> **MATERIALS PROVIDED**
-- ===== src/Gdb/Safety.antt =====
-- Null pointers and freed targets in the calls of `GDB::gdb_main_loop`, main/gdb_main.cpp.
use blackmagic_espidf.Base.{
  ℕ, ◌≡◌, refl, sym, ap, ◌∙◌, subst, Bool, true, false, not, ◌&&◌, if◌then◌else◌, none, some, List,
  [], ◌∷◌, ◌++◌, map, ◌||◌, get_or, Bool-cases, inl, inr, arith,
}
use blackmagic_espidf.Gdb.Poll.{Reason}
use blackmagic_espidf.Gdb.State.{
  Pointer, Server, Client, Effect, call, command_process, send, notification, Probe, put,
}
use blackmagic_espidf.Gdb.Run.{interrupt, restart}
use blackmagic_espidf.Base.Text.{codes, str_eq}
use blackmagic_espidf.Gdb.Query.{
  Query, query, rcmd, supported, is_attached, memory_map, features, current, thread_first,
  thread_next, crc, starts_with, command_reply, run_command, monitor_reset, command_text, monitor,
  on_query, handle_q_packet,
}
use blackmagic_espidf.Gdb.Verbose.{
  Verb, verb, on_verb, handle_v_packet, v_run, v_cont, v_kill, flash_done, stopped, unknown,
  v_attach, flash_erase, flash_write, on_flash_done,
}
use blackmagic_espidf.Gdb.Server.{
  Command, read_registers, write_registers, read_register, write_register, memory_read,
  memory_write, binary_write, breakpoint, select, extended, unsupported, stepped, resumed,
  interrupted, halt_reason, detached, killed, restarted, syscall_done, queried, verbose, command_of,
  Next, loop, leave, on_command, handle,
}
use blackmagic_espidf.Gdb.Pointers.{At, is_null, AreOn}
use blackmagic_espidf.Gdb.Attached.{failed_restart, unchecked_query}
use blackmagic_espidf.Gdb.Verbs.{unchecked_verb}
use blackmagic_espidf.Gdb.Calls.{unchecked_command, unchecked, NextKeeps, handle-Keeps}

abbrev pub effects_of : Next → List Effect
effects_of (loop o) = o.effects
effects_of leave = []

-- A function that takes a target is called on a null pointer, `command_process` too.
abbrev pub is_null_call : Effect → Bool
is_null_call (call f p) = is_null p
is_null_call (command_process p text) = is_null p
is_null_call (send sent) = false
is_null_call (notification text) = false

unfoldable pub any_null : List Effect → Bool
any_null [] = false
any_null (e ∷ es) = is_null_call e || any_null es

AreOn-any_null : (R : ℕ → Type 0) (es : List Effect) → AreOn R false es → any_null es ≡ false
unfolding any_null
AreOn-any_null R [] h = refl
AreOn-any_null R (call f none ∷ es) h = sym h.0
AreOn-any_null R (call f (some t) ∷ es) h = AreOn-any_null R es h.1
AreOn-any_null R (command_process none text ∷ es) h = sym h.0
AreOn-any_null R (command_process (some t) text ∷ es) h = AreOn-any_null R es h.1
AreOn-any_null R (send sent ∷ es) h = AreOn-any_null R es h.1
AreOn-any_null R (notification text ∷ es) h = AreOn-any_null R es h.1

NextKeeps-any_null :
    (R : ℕ → Type 0) (n : Next) → NextKeeps R false n → any_null (effects_of n) ≡ false
unfolding any_null
NextKeeps-any_null R (loop o) h = AreOn-any_null R o.effects h.calls
NextKeeps-any_null R leave h = refl

verb-any_null :
    (w : Probe) (s : Server) (c : Client) (packet : List ℕ) (v : Verb)
    → unchecked_verb s.cur_target v ≡ true
    → any_null (on_verb w s c packet v).effects ≡ true
unfolding on_verb on_flash_done unchecked_verb any_null
verb-any_null w s c packet flash_done h = ap (λ b. b || false) h
verb-any_null w s c packet v_run h = ground arith
verb-any_null w s c packet v_cont h = ground arith
verb-any_null w s c packet v_kill h = ground arith
verb-any_null w s c packet stopped h = ground arith
verb-any_null w s c packet unknown h = ground arith
verb-any_null w s c packet (v_attach n) h = ground arith
verb-any_null w s c packet (flash_erase addr len) h = ground arith
verb-any_null w s c packet (flash_write addr bin) h = ground arith

restarted-any_null :
    (w : Probe) (s : Server) (c : Client) (cur last : Pointer)
    → failed_restart w cur last ≡ true
    → any_null (restart w (record s { cur_target = cur; last_target = last }) c).effects ≡ true
unfolding restart failed_restart any_null
restarted-any_null w s c none (some l) h = ap (λ b. b || false) h
restarted-any_null w s c none none h = ground arith
restarted-any_null w s c (some t) last h = ground arith

first-any_null : (e : Effect) (es : List Effect) → is_null_call e ≡ true → any_null (e ∷ es) ≡ true
unfolding any_null
first-any_null e es h = ap (λ b. b || any_null es) h

monitored-any_null :
    (w : Probe) (s : Server) (c : Client) (text : List ℕ) (reset : Bool)
    → (not reset && is_null s.cur_target) ≡ true
    → any_null (if reset then monitor_reset s c else run_command w s c text).effects ≡ true
unfolding any_null
monitored-any_null w s c text true h = ground arith
monitored-any_null w s c text false h =
    let (value, text') = w.command s.cur_target text in
    let own = str_eq text' (codes "ReadAP") || str_eq text' (codes "WriteDP") in
    first-any_null (command_process s.cur_target text)
      (map put (w.command_sent s.cur_target text) ++ (if own then [] else command_reply value)) h

query-any_null :
    (digits : ℕ → List ℕ) (w : Probe) (s : Server) (c : Client) (packet : List ℕ) (q : Query)
    → unchecked_query w s.cur_target packet q ≡ true
    → any_null (on_query digits w s c packet q).effects ≡ true
unfolding on_query monitor unchecked_query any_null
query-any_null digits w s c packet rcmd h =
    monitored-any_null w s c (command_text w packet)
      (starts_with (codes "reset") (command_text w packet)) h
query-any_null digits w s c packet supported h = ground arith
query-any_null digits w s c packet is_attached h = ground arith
query-any_null digits w s c packet memory_map h = ground arith
query-any_null digits w s c packet features h = ground arith
query-any_null digits w s c packet current h = ground arith
query-any_null digits w s c packet thread_first h = ground arith
query-any_null digits w s c packet thread_next h = ground arith
query-any_null digits w s c packet Query.unknown h = ground arith
query-any_null digits w s c packet (crc addr alen) h = ground arith

module _ (digits : ℕ → List ℕ) (w : Probe) (reason : Reason) (in_syscall : Bool) where
  command-any_null :
      (s : Server) (c : Client) (packet : List ℕ) (command : Command)
      → unchecked_command w s.cur_target s.last_target packet command ≡ true
      → any_null (effects_of (on_command digits w reason in_syscall s c packet command)) ≡ true
  unfolding on_command unchecked_command any_null interrupt handle_v_packet handle_q_packet
  command-any_null s c packet interrupted h = ap (λ b. b || false) h
  command-any_null s c packet restarted h = restarted-any_null w s c s.cur_target s.last_target h
  command-any_null s c packet verbose h = verb-any_null w s c packet (verb w packet) h
  command-any_null s c packet read_registers h = ground arith
  command-any_null s c packet write_registers h = ground arith
  command-any_null s c packet read_register h = ground arith
  command-any_null s c packet write_register h = ground arith
  command-any_null s c packet memory_read h = ground arith
  command-any_null s c packet memory_write h = ground arith
  command-any_null s c packet binary_write h = ground arith
  command-any_null s c packet breakpoint h = ground arith
  command-any_null s c packet select h = ground arith
  command-any_null s c packet extended h = ground arith
  command-any_null s c packet unsupported h = ground arith
  command-any_null s c packet stepped h = ground arith
  command-any_null s c packet resumed h = ground arith
  command-any_null s c packet halt_reason h = ground arith
  command-any_null s c packet detached h = ground arith
  command-any_null s c packet killed h = ground arith
  command-any_null s c packet syscall_done h = ground arith
  command-any_null s c packet queried h = query-any_null digits w s c packet (query w packet) h

everywhere : (p : Pointer) → At (λ t. Unit) p
everywhere none = tt
everywhere (some t) = tt

-- A packet makes the server call a function of the probe firmware on a null pointer exactly if it is
-- the interrupt, `vFlashDone` or a `qRcmd` but for `reset`, which calls `command_process`, while no
-- target is attached, or `r` or `R` while none is attached and the attachment to the last target
-- fails.
pub handle-any_null :
    (digits : ℕ → List ℕ) (w : Probe) (reason : Reason) (in_syscall : Bool)
    → (s : Server) (c : Client) (packet : List ℕ)
    → any_null (effects_of (handle digits w reason in_syscall s c packet)) ≡ unchecked w s packet
unfolding handle unchecked
handle-any_null digits w reason in_syscall s c packet = elim (Bool-cases (unchecked w s packet)) [
  | inl e ↦
      command-any_null digits w reason in_syscall s c packet (command_of (get_or packet 0 0)) e
      ∙ sym e
  | inr e ↦
      NextKeeps-any_null (λ t. Unit) (handle digits w reason in_syscall s c packet)
        (subst (λ b. NextKeeps (λ t. Unit) b (handle digits w reason in_syscall s c packet)) e kept)
      ∙ sym e
]
  where
    kept :
        NextKeeps (λ t. Unit) (unchecked w s packet) (handle digits w reason in_syscall s c packet)
    kept =
        handle-Keeps (λ t. Unit) digits w reason in_syscall s c packet
          (record { new = λ n. everywhere (w.attach_n n); again = λ l h. everywhere (w.attach l) })
          (record { cur = everywhere s.cur_target; last = everywhere s.last_target })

> **WHAT IS EXPECTED**
Extract from the listing above the lines between the line containing "text).effects ≡ true" and the line containing "w packet)) h", keeping both of those lines. Output nothing else.

> **ANSWER TO THIS EXERCISE**
    → any_null (if reset then monitor_reset s c else run_command w s c text).effects ≡ true
unfolding any_null
monitored-any_null w s c text true h = ground arith
monitored-any_null w s c text false h =
    let (value, text') = w.command s.cur_target text in
    let own = str_eq text' (codes "ReadAP") || str_eq text' (codes "WriteDP") in
    first-any_null (command_process s.cur_target text)
      (map put (w.command_sent s.cur_target text) ++ (if own then [] else command_reply value)) h

query-any_null :
    (digits : ℕ → List ℕ) (w : Probe) (s : Server) (c : Client) (packet : List ℕ) (q : Query)
    → unchecked_query w s.cur_target packet q ≡ true
    → any_null (on_query digits w s c packet q).effects ≡ true
unfolding on_query monitor unchecked_query any_null
query-any_null digits w s c packet rcmd h =
    monitored-any_null w s c (command_text w packet)
      (starts_with (codes "reset") (command_text w packet)) h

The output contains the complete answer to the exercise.